There is a great deal of activity on the OMS and DMS fronts. According to a recent report, global utility OMS spending is expected to total nearly $11.8 billion from 2014 to 20231 while global ADMS revenue is expected to grow from $681.1 million in 2015 to $3.3 billion in 2024.2 It is vital for utilities to understand and use good testing methodology to maximize the benefits from these investments. Strong methodology and execution can be the difference between a successful investment versus ongoing problems, decreased confidence, and additional money and time spent in support of these applications post go-live.

High demands are placed on these mission critical applications, not just during abnormal conditions (e.g., storms), but also under normal (non-storm) conditions.
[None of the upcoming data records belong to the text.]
-- ===== src/Capability.antt =====
-- internal/capability/detail.go
use outlook_agent.Prelude.{Bool, String, false, if◌then◌else◌, not, refl, true, ◌&&◌, ◌≡◌}
use outlook_agent.Policy.{
  Request, SafetyClass, destructive, draft_only, evaluate, evaluate_confirmed, other,
  read_attachment_explicit, read_body_explicit, read_metadata, reversible_bulk,
  reversible_single_item, send_like, settings_or_rules, to_string, unknown,
}
use outlook_agent.Action.{CoverageLevel, Definition}

pub record Detail : Type 0 where
  pub name : String
  pub transport : String
  pub safety_class : String
  pub level : CoverageLevel
  pub allowed_direct : Bool
  pub requires_dry_run : Bool
  pub requires_confirmation : Bool
  pub requires_unsafe : Bool
  pub requires_explicit_target : Bool
  pub requires_explicit_intent : Bool
  pub execution_route : String

unfoldable pub requires_explicit_target : SafetyClass → Bool
requires_explicit_target read_body_explicit = true
requires_explicit_target read_attachment_explicit = true
requires_explicit_target c = false

unfoldable pub requires_explicit_intent : SafetyClass → Bool
requires_explicit_intent reversible_single_item = true
requires_explicit_intent c = false

unfoldable pub execution_route : SafetyClass → String
execution_route read_metadata = "direct"
execution_route draft_only = "direct"
execution_route read_body_explicit = "direct_explicit_target"
execution_route read_attachment_explicit = "direct_explicit_target"
execution_route reversible_single_item = "direct_explicit_intent"
execution_route reversible_bulk = "dry_run_confirm"
execution_route send_like = "dry_run_confirm"
execution_route settings_or_rules = "dry_run_confirm"
execution_route c = "unsafe_dry_run_confirm"

abbrev pub class_request : SafetyClass → Request
class_request c = record {
  class = c;
  explicit_target = false;
  explicit_intent = false;
  unsafe_mode = false;
  sends_message = false;
}

unfoldable pub from_definition : Definition → Detail
from_definition d =
    let decision = evaluate (class_request d.class) in
    record {
      name = d.name;
      transport = d.transport;
      safety_class = to_string d.class;
      level = d.level;
      allowed_direct = decision.allowed;
      requires_dry_run = decision.requires_dry_run;
      requires_confirmation = decision.requires_confirmation;
      requires_unsafe = decision.requires_unsafe;
      requires_explicit_target = requires_explicit_target d.class;
      requires_explicit_intent = requires_explicit_intent d.class;
      execution_route = execution_route d.class;
    }

-- what the policy would say of the class, turned into a route
abbrev pub route_of_policy : SafetyClass → String
route_of_policy c =
    let ask = class_request c in
    if (evaluate ask).allowed
    then "direct"
    else if (evaluate (record ask { explicit_target = true })).allowed
    then "direct_explicit_target"
    else if (evaluate (record ask { explicit_intent = true })).allowed
    then "direct_explicit_intent"
    else if (evaluate_confirmed ask).allowed
    then "dry_run_confirm"
    else "unsafe_dry_run_confirm"

by_class :
    (c : SafetyClass)
    → (execution_route c ≡ route_of_policy c)
      × (requires_explicit_target c ≡ (
          not (evaluate (class_request c)).allowed
          && (evaluate (record (class_request c) { explicit_target = true })).allowed))
      × (requires_explicit_intent c ≡ (
          not (evaluate (class_request c)).allowed
          && (evaluate (record (class_request c) { explicit_intent = true })).allowed))
unfolding execution_route evaluate evaluate_confirmed requires_explicit_target
    requires_explicit_intent
by_class read_metadata = (refl, refl, refl)
by_class read_body_explicit = (refl, refl, refl)
by_class read_attachment_explicit = (refl, refl, refl)
by_class draft_only = (refl, refl, refl)
by_class reversible_single_item = (refl, refl, refl)
by_class reversible_bulk = (refl, refl, refl)
by_class destructive = (refl, refl, refl)
by_class send_like = (refl, refl, refl)
by_class settings_or_rules = (refl, refl, refl)
by_class unknown = (refl, refl, refl)
by_class (other s) = (refl, refl, refl)

-- The route that a capability advertises, from its own table of classes, is the one that the policy
-- enforces: direct if the policy allows the class as it is, else by an explicit target or intent if
-- that suffices, else by a dry run and a confirmation if a confirmed request is allowed, and
-- otherwise the unsafe route. What it needs explicitly is what changes the policy's answer.
pub execution_route_policy :
    (d : Definition)
    → ((from_definition d).execution_route ≡ route_of_policy d.class)
      × ((from_definition d).requires_explicit_target ≡ (
          not (evaluate (class_request d.class)).allowed
          && (evaluate (record (class_request d.class) { explicit_target = true })).allowed))
      × ((from_definition d).requires_explicit_intent ≡ (
          not (evaluate (class_request d.class)).allowed
          && (evaluate (record (class_request d.class) { explicit_intent = true })).allowed))
unfolding from_definition
execution_route_policy d = by_class d.class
During severe storms, the OMS/DMS systems are critical for quick and cost effective restorations. A utility cannot afford sluggish performance, inaccurate / outdated information, or system failures. A different set of challenges exist during non-storm conditions. For example, this is the time for planned switching activities, where crew safety is of the utmost importance. The information must be timely and reliable, otherwise faulty switching, grounding, and tagging information could jeopardize repair crew safety.

During an OMS upgrade, one of the authors was in an operations center when a crew member in the field went down in a high voltage area. The OMS alerted operators, emergency personnel were notified, and additional crews were dispatched using the OMS. Everything turned out ok - in this instance, the OMS helped save a life.

Testing is key to achieving a properly functioning system that users are confident in. OMS/DMS system testing needs to be well planned and executed whether it is for a full implementation, an upgrade, adding or updating an integration, or installing a maintenance patch. Testing verifies whether:

  • The system and environment are robust enough to stand up to stress from heavy load
  • Information maps correctly to displays
  • Correct data field mapping exists, connecting the data location in the source system (e.g., GIS) to where it is used in the OMS/DMS/ADMS.
  • The data contained in the source system is correct (Bad data in the GIS will show erroneous information in the OMS/DMS/ADMS, even with proper mapping)
  • Outages predict to reasonable devices at the proper speeds
  • Appropriate warning and violation notifications are produced
  • The general appearance of the model (i.e. electric, geographic, background) is acceptable
  • The system fully supports the end-to-end business processes
  • Application is responsive under high stress and heavy use
  • All integration flows properly function and are responsive
  • High availability / failover works as expected
  • Advance applications complete and produce results within the expected time

Keeping the following Critical Success Factors (CSF) in mind will help utilities to develop and execute a well-planned testing methodology that helps prevent (or identify early) as many defects as possible. These CSFs are based on many years of experience testing OMS/DMS/ADMS and the lessons-learned. It attempts to strike a balance between excessive (wasteful) and insufficient (missed defects) testing.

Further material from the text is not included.